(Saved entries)
+++
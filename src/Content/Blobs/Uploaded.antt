-- ===== src/Content/Blobs/Uploaded.antt =====
-- An upload, followed by the downloads of its two files (src/tessera/handlers_content.py).
use tessera_server.Common.{
  ℕ, suc, ◌+◌, ◌≤◌, ◌≡◌, refl, String, false, some, List, [], ◌∷◌, ◌++◌, Result, ok, arith, All,
  length, str_eq,
}
use tessera_server.Common.Int.{pos}
use tessera_server.Common.Table.{exists_where}
use tessera_server.Bytes.{Bytes}
use tessera_server.Bytes.Numbers.{parse_int}
use tessera_server.Config.{TesseraConfig}
use tessera_server.Hydro.{HydroFault}
use tessera_server.Json.{Loaded, number, str, field, end}
use tessera_server.Http.{json_response}
use tessera_server.Db.{Db, Model, find_model, is_deleted, max_sql_int}
use tessera_server.Store
use tessera_server.Store.{Blob, put}
use tessera_server.Store.Reads.{FiledAs, get-put, get-put_keeps}
use tessera_server.Envelope.{UploadEnvelope, parse_upload}
use tessera_server.Quota.{check_upload_allowed}
use tessera_server.Upload.{App, new_model, insert_model, store_and_insert, handle_upload}
use tessera_server.Content.Blobs.{
  Column, model_column, thumb_column, digest_of, answer_blob, serve_blob, blob_response,
}

-- Every id has been given out by the AUTOINCREMENT sequence.
abbrev pub IdsGiven : Db → Type 0
IdsGiven db = All (λ m. m.id ≤ db.last_id) db.models

fetch_one-append_fresh :
    (rows : List Model) (last : ℕ) (m : Model)
    → All (λ r. r.id ≤ last) rows
    → m.id ≡ suc last
    → find_model (suc last) (rows ++ m ∷ []) ≡ some m
fetch_one-append_fresh [] last m a e = ground arith
fetch_one-append_fresh (r ∷ rows) last m a e =
    ground (arith, fetch_one-append_fresh rows last m a.1 e)

-- The row is there and not deleted, and its blob too.
serve_blob_found :
    (app : App) (raw : String) (column : Column) (id : ℕ) (m : Model) (content : Bytes)
    → parse_int raw ≡ some (pos id)
    → id ≤ max_sql_int
    → find_model id app.db.models ≡ some m
    → is_deleted m.visibility ≡ false
    → Store.get (digest_of column m) app.blobs ≡ ok content
    → serve_blob app raw column ≡ ok (blob_response content)
unfolding serve_blob answer_blob
serve_blob_found app raw column id m content read fits found live stored = ground arith

module _ (hasher : Bytes → Result HydroFault Bytes) (loads : Bytes → Loaded)
    (cfg : TesseraConfig) where
  -- A permitted upload of a model that the gallery does not have is answered 201 with a new id, and
  -- under that id GET /model and GET /thumb then answer exactly the bytes that were uploaded, if
  -- the blob store has no other content under their digests.
  pub uploaded_served :
      (body : Bytes) (key raw : String) (now : ℕ) (app : App) (e : UploadEnvelope)
      (model_hash thumb_hash : String) (blobs blobs' : List Blob)
      → parse_upload loads cfg body ≡ ok e
      → check_upload_allowed cfg app.db app.blobs key (length e.model + length e.thumb) now ≡ ok tt
      → put hasher e.model app.blobs ≡ ok (model_hash, blobs)
      → put hasher e.thumb blobs ≡ ok (thumb_hash, blobs')
      → FiledAs model_hash e.model app.blobs
      → FiledAs thumb_hash e.thumb blobs
      → exists_where (λ m. str_eq m.model_hash model_hash) app.db.models ≡ false
      → IdsGiven app.db
      → suc app.db.last_id ≤ max_sql_int
      → parse_int raw ≡ some (pos (suc app.db.last_id))
      → ((handle_upload hasher loads cfg body key now app).0
          ≡ ok (
              json_response 201 (
                field "id"
                  (number (suc app.db.last_id))
                  (field "model_hash" (str model_hash) (field "thumb_hash" (str thumb_hash) end)))))
        × (serve_blob (handle_upload hasher loads cfg body key now app).1 raw model_column
            ≡ ok (blob_response e.model))
        × (serve_blob (handle_upload hasher loads cfg body key now app).1 raw thumb_column
            ≡ ok (blob_response e.thumb))
  unfolding handle_upload store_and_insert insert_model
  uploaded_served body key raw now app e model_hash thumb_hash blobs blobs' p q m t filed filed' new
        given fits read =
      let row = new_model app.db e key model_hash thumb_hash now in
      let found = fetch_one-append_fresh app.db.models app.db.last_id row given refl in
      let model_read =
        get-put_keeps hasher e.thumb blobs blobs' thumb_hash model_hash e.model t
          (get-put hasher e.model app.blobs blobs model_hash m filed) in
      let thumb_read = get-put hasher e.thumb blobs blobs' thumb_hash t filed' in
      rw (p, q, handle_upload)
        (rw (m, t, store_and_insert)
          (rw (new, insert_model)
            (
              refl,
              serve_blob_found _ raw model_column (suc app.db.last_id) row e.model read fits found
                  refl model_read,
              serve_blob_found _ raw thumb_column (suc app.db.last_id) row e.thumb read fits found
                  refl thumb_read,
            )))
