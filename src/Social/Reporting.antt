-- ===== src/Social/Reporting.antt =====
-- handle_report of src/tessera/handlers_social.py.
pub mod Threshold
use tessera_server.Common.{
  ℕ, String, Bool, true, false, Option, none, some, List, [], ◌∷◌, Result, ok, raise, ◌>>=◌, str_eq,
  if◌then◌else◌,
}
use tessera_server.Common.Table.{exists_where, upsert}
use tessera_server.Common.Text
use tessera_server.Config.{TesseraConfig}
use tessera_server.Json.{Json, null, str, boolean, field, end, number, get, Loaded}
use tessera_server.Http.{Response, json_response, Uncaught}
use tessera_server.Db.{Db, Report, is_report}
use tessera_server.Moderation.{apply_autohide}
use tessera_server.Social.Request.{
  Fault, bad_request, read_json, read_model_id, item, answer_fault, with_visible_model,
}

abbrev pub max_detail_chars : ℕ
max_detail_chars = 512

-- _clean_detail of payload.get("detail")
unfoldable pub clean_detail : Option Json → Result Fault String
clean_detail none = ok ""
clean_detail (some null) = ok ""
clean_detail (some (str raw)) =
    if Text.any Text.is_control raw
    then raise bad_request
    else ok (Text.take max_detail_chars (Text.strip raw))
clean_detail (some _) = raise bad_request

abbrev reason_in : List String → Json → Result Fault String
reason_in reasons (str reason) =
    if exists_where (λ r. str_eq r reason) reasons then ok reason else raise bad_request
reason_in reasons _ = raise bad_request

-- The body of a report, checked.
pub record ReportRequest : Type 0 where
  pub model_id : ℕ
  pub reason : String
  pub detail : String

-- The `try` block of handle_report.
unfoldable pub report_request : TesseraConfig → Loaded → Result Fault ReportRequest
unfolding read_json read_model_id clean_detail
report_request cfg body = do
  payload ← read_json body ("model_id" ∷ "reason" ∷ [])
  model_id ← read_model_id payload
  raw ← item "reason" payload
  reason ← reason_in cfg.report_reasons raw
  detail ← clean_detail (get "detail" payload)
  ok (record { model_id = model_id; reason = reason; detail = detail })

-- The row that the INSERT writes.
abbrev pub new_report : String → ReportRequest → ℕ → Report
new_report reporter q now = record {
  model_id = q.model_id;
  reporter_key = reporter;
  reason = q.reason;
  detail = q.detail;
  created_at = now;
  resolved_at = none;
}

-- What the UPDATE makes of the row that is there.
abbrev pub corrected : ReportRequest → ℕ → Report → Report
corrected q now r = record r { reason = q.reason; detail = q.detail; created_at = now }

-- INSERT … ON CONFLICT DO UPDATE SET reason, detail, created_at: `resolved_at` stays.
unfoldable pub record_report : Db → String → ReportRequest → ℕ → Db
record_report db reporter q now = record db {
  reports =
      upsert (is_report q.model_id reporter) (new_report reporter q now) (corrected q now)
        db.reports;
}

-- The `with` block and the answer.
unfoldable pub file_report :
    TesseraConfig → Db → String → ReportRequest → ℕ → Result Uncaught Response × Db
file_report cfg db reporter q now =
    let (count, hidden, db') = apply_autohide cfg (record_report db reporter q now) q.model_id in
    (
      ok (
          json_response 202 (
            field "model_id" (number q.model_id) (
              field "reported" (boolean true)
                (field "report_count" (number count) (field "hidden" (boolean hidden) end))))),
      db',
    )

-- handle_report
unfoldable pub handle_report :
    TesseraConfig → Loaded → String → ℕ → Db → Result Uncaught Response × Db
handle_report cfg body key now db = elim (report_request cfg body) [
  | raise e ↦ (answer_fault e, db)
  | ok q ↦ with_visible_model db key q.model_id (file_report cfg db key q now)
]
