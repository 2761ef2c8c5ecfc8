-- ===== src/Social/Reporting/Threshold.antt =====
-- What one report does to the count and to the visibility of its model.
use tessera_server.Common.{
  ℕ, ◌+◌, ◌≤◌, ◌<◌, String, ◌≡◌, refl, Bool, true, false, ◌&&◌, not, List, [], ◌∷◌, arith, leb,
  leb→le, ◌⊎◌, ◌==◌, str_eq, eq_refl, Bool-cases, inl, inr, if◌then◌else◌, ok,
}
use tessera_server.Common.Table.{select, count_where, exists_where, upsert}
use tessera_server.Common.Table.Laws.{exists_where-update_none}
use tessera_server.Json.{boolean, number, field, end}
use tessera_server.Http.{json_response}
use tessera_server.Config.{TesseraConfig}
use tessera_server.Db.{
  Db, Model, Report, Visibility, public, unlisted, deleted, is_deleted, is_public, is_open,
  is_report,
}
use tessera_server.Db.Invariant.{IsKeyed, upsert-IsKeyed}
use tessera_server.Moderation.{count_distinct, open_report_count, set_visibility, apply_autohide}
use tessera_server.Social.Reporting.{
  ReportRequest, new_report, corrected, record_report, file_report,
}

-- UNIQUE (model_id, reporter_key)
abbrev pub ReportsKeyed : Db → Type 0
ReportsKeyed db = IsKeyed (λ (r : Report). r.model_id) (λ r. r.reporter_key) db.reports

abbrev counts : ℕ → Report → Bool
counts id r = r.model_id == id && is_open r

abbrev open_rows : ℕ → List Report → ℕ
open_rows id = count_where (counts id)

absent_reporter :
    (id : ℕ) (key : String) (rows : List Report)
    → count_where (is_report id key) rows ≡ 0
    → exists_where (λ y. str_eq y.reporter_key key) (select (counts id) rows) ≡ false
absent_reporter id key [] h = refl
absent_reporter id key (r ∷ rows) h = ground (arith, absent_reporter id key rows)

tail-IsKeyed :
    (r : Report) (rows : List Report)
    → IsKeyed (λ (r : Report). r.model_id) (λ r. r.reporter_key) (r ∷ rows)
    → IsKeyed (λ (r : Report). r.model_id) (λ r. r.reporter_key) rows
tail-IsKeyed r rows h i k = ground (arith, h i k)

alone :
    (id : ℕ) (r : Report) (rows : List Report)
    → counts id r ≡ true
    → IsKeyed (λ (r : Report). r.model_id) (λ r. r.reporter_key) (r ∷ rows)
    → count_where (is_report id r.reporter_key) rows ≡ 0
alone id r rows e h = ground (arith, h id r.reporter_key, eq_refl r.reporter_key)

-- Under the UNIQUE constraint COUNT(DISTINCT reporter_key) is COUNT(*).
distinct-eq-rows :
    (id : ℕ) (rows : List Report)
    → IsKeyed (λ (r : Report). r.model_id) (λ r. r.reporter_key) rows
    → count_distinct (λ (r : Report). r.reporter_key) (select (counts id) rows) ≡ open_rows id rows
unfolding count_distinct
distinct-eq-rows id [] h = refl
distinct-eq-rows id (r ∷ rows) h = elim (Bool-cases (counts id r)) [
  | inl e ↦
      rw (e, absent_reporter id r.reporter_key rows (alone id r rows e h))
        (omega (arith, distinct-eq-rows id rows (tail-IsKeyed r rows h)))
  | inr e ↦ rw e (omega (arith, distinct-eq-rows id rows (tail-IsKeyed r rows h)))
]

-- The rows of a report by `key`: one more if the key has none on the model, else as many.
module _ (id : ℕ) (key : String) (new : Report) (f : Report → Report) where
  open_rows-upsert_new :
      counts id new ≡ true
      → (rows : List Report) → count_where (is_report id key) rows ≡ 0
      → open_rows id (upsert (is_report id key) new f rows) ≡ open_rows id rows + 1
  open_rows-upsert_new a [] h = ground arith
  open_rows-upsert_new a (r ∷ rows) h = ground (arith, open_rows-upsert_new a rows)

  open_rows-upsert_old :
      ((r : Report) → counts id (f r) ≡ counts id r)
      → (rows : List Report) → 0 < count_where (is_report id key) rows
      → open_rows id (upsert (is_report id key) new f rows) ≡ open_rows id rows
  open_rows-upsert_old a [] h = absurd (omega arith)
  open_rows-upsert_old a (r ∷ rows) h = ground (arith, a r, open_rows-upsert_old a rows)

record_report-ReportsKeyed :
    (db : Db) (key : String) (q : ReportRequest) (now : ℕ)
    → ReportsKeyed db
    → ReportsKeyed (record_report db key q now)
unfolding record_report
record_report-ReportsKeyed db key q now h =
    upsert-IsKeyed (λ (r : Report). r.model_id) (λ r. r.reporter_key) q.model_id key _ _ refl refl
      (λ r. refl) (λ r. refl) db.reports h

counts_new :
    (key : String) (q : ReportRequest) (now : ℕ) → counts q.model_id (new_report key q now) ≡ true
counts_new key q now = ground arith

-- The open reports of a model, by distinct reporters, after one more report by `key`: one more
-- if the key had none on this model, and as many as before if it had one, open or resolved.
pub open_report_count-record_report :
    (db : Db) (key : String) (q : ReportRequest) (now : ℕ)
    → ReportsKeyed db
    → open_report_count (record_report db key q now) q.model_id
      ≡ open_report_count db q.model_id
        + (if count_where (is_report q.model_id key) db.reports == 0 then 1 else 0)
unfolding open_report_count
open_report_count-record_report db key q now h =
    rw
      (
        distinct-eq-rows q.model_id (record_report db key q now).reports
            (record_report-ReportsKeyed db key q now h),
        distinct-eq-rows q.model_id db.reports h,
      )
      (unfold record_report in
        elim (Bool-cases (count_where (is_report q.model_id key) db.reports == 0)) [
          | inl e ↦ rw (
            e,
            open_rows-upsert_new q.model_id key (new_report key q now) (corrected q now)
                (counts_new key q now) db.reports (ground arith),
          )
          | inr e ↦
              rw
                (
                  e,
                  open_rows-upsert_old q.model_id key (new_report key q now) (corrected q now)
                      (λ r. refl) db.reports (ground arith),
                )
                (omega arith)
        ])

record_report-models :
    (db : Db) (key : String) (q : ReportRequest) (now : ℕ)
    → (record_report db key q now).models ≡ db.models
unfolding record_report
record_report-models db key q now = refl

hidden_visibility :
    (here : Bool) (v : Visibility)
    → (here && not (is_deleted v)) ≡ false
    → (here && is_public v) ≡ false
hidden_visibility false v h = refl
hidden_visibility true public h = h
hidden_visibility true unlisted h = refl
hidden_visibility true deleted h = refl

-- Is this the model `id`, and is it public?
abbrev pub is_shown : ℕ → Model → Bool
is_shown id m = m.id == id && is_public m.visibility

set_visibility-unlists :
    (db : Db) (id : ℕ) → exists_where (is_shown id) (set_visibility db id unlisted).models ≡ false
unfolding set_visibility
set_visibility-unlists db id =
    exists_where-update_none (λ m. m.id == id && not (is_deleted m.visibility)) (is_shown id) _
      (λ m hit. ground arith) (λ m miss. hidden_visibility (m.id == id) m.visibility miss) db.models

-- The auto-hide rule on a report that is filed. The count answered is the number of open reports
-- by distinct reporters, this one included. If it reaches the threshold, the answer says that the
-- model is hidden, and the model is not public afterwards; if it does not, the answer says that
-- it is not hidden, and no model changes.
pub file_report_hides :
    (cfg : TesseraConfig) (db : Db) (key : String) (q : ReportRequest) (now : ℕ)
    → ReportsKeyed db
    → (count : ℕ) × (hidden : Bool) × ((file_report cfg db key q now).0
        ≡ ok (
            json_response 202 (
              field "model_id" (number q.model_id) (
                field "reported"
                  (boolean true)
                  (field "report_count" (number count) (field "hidden" (boolean hidden) end))))))
      × (count
          ≡ open_report_count db q.model_id
            + (if count_where (is_report q.model_id key) db.reports == 0 then 1 else 0))
      × (((cfg.report_autohide_threshold ≤ count)
            × (hidden ≡ true)
            × (exists_where (is_shown q.model_id) (file_report cfg db key q now).1.models ≡ false))
          ⊎ ((count < cfg.report_autohide_threshold)
              × (hidden ≡ false)
              × ((file_report cfg db key q now).1.models ≡ db.models)))
unfolding file_report apply_autohide
file_report_hides cfg db key q now keyed =
    let filed = record_report db key q now in
    let count = open_report_count filed q.model_id in
    (
      count,
      leb cfg.report_autohide_threshold count,
      refl,
      open_report_count-record_report db key q now keyed,
      elim (Bool-cases (leb cfg.report_autohide_threshold count)) [
        | inl hit ↦ inl (leb→le _ _ hit, hit, rw hit (set_visibility-unlists filed q.model_id))
        | inr miss ↦ inr (ground arith, miss, rw miss (record_report-models db key q now))
      ],
    )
+++
◆ **Your assignment**
If the string "alone" appears in a line of the entries, report the line.

◆ **Task output**
alone :
alone id r rows e h = ground (arith, h id r.reporter_key, eq_refl r.reporter_key)
      rw (e, absent_reporter id r.reporter_key rows (alone id r rows e h))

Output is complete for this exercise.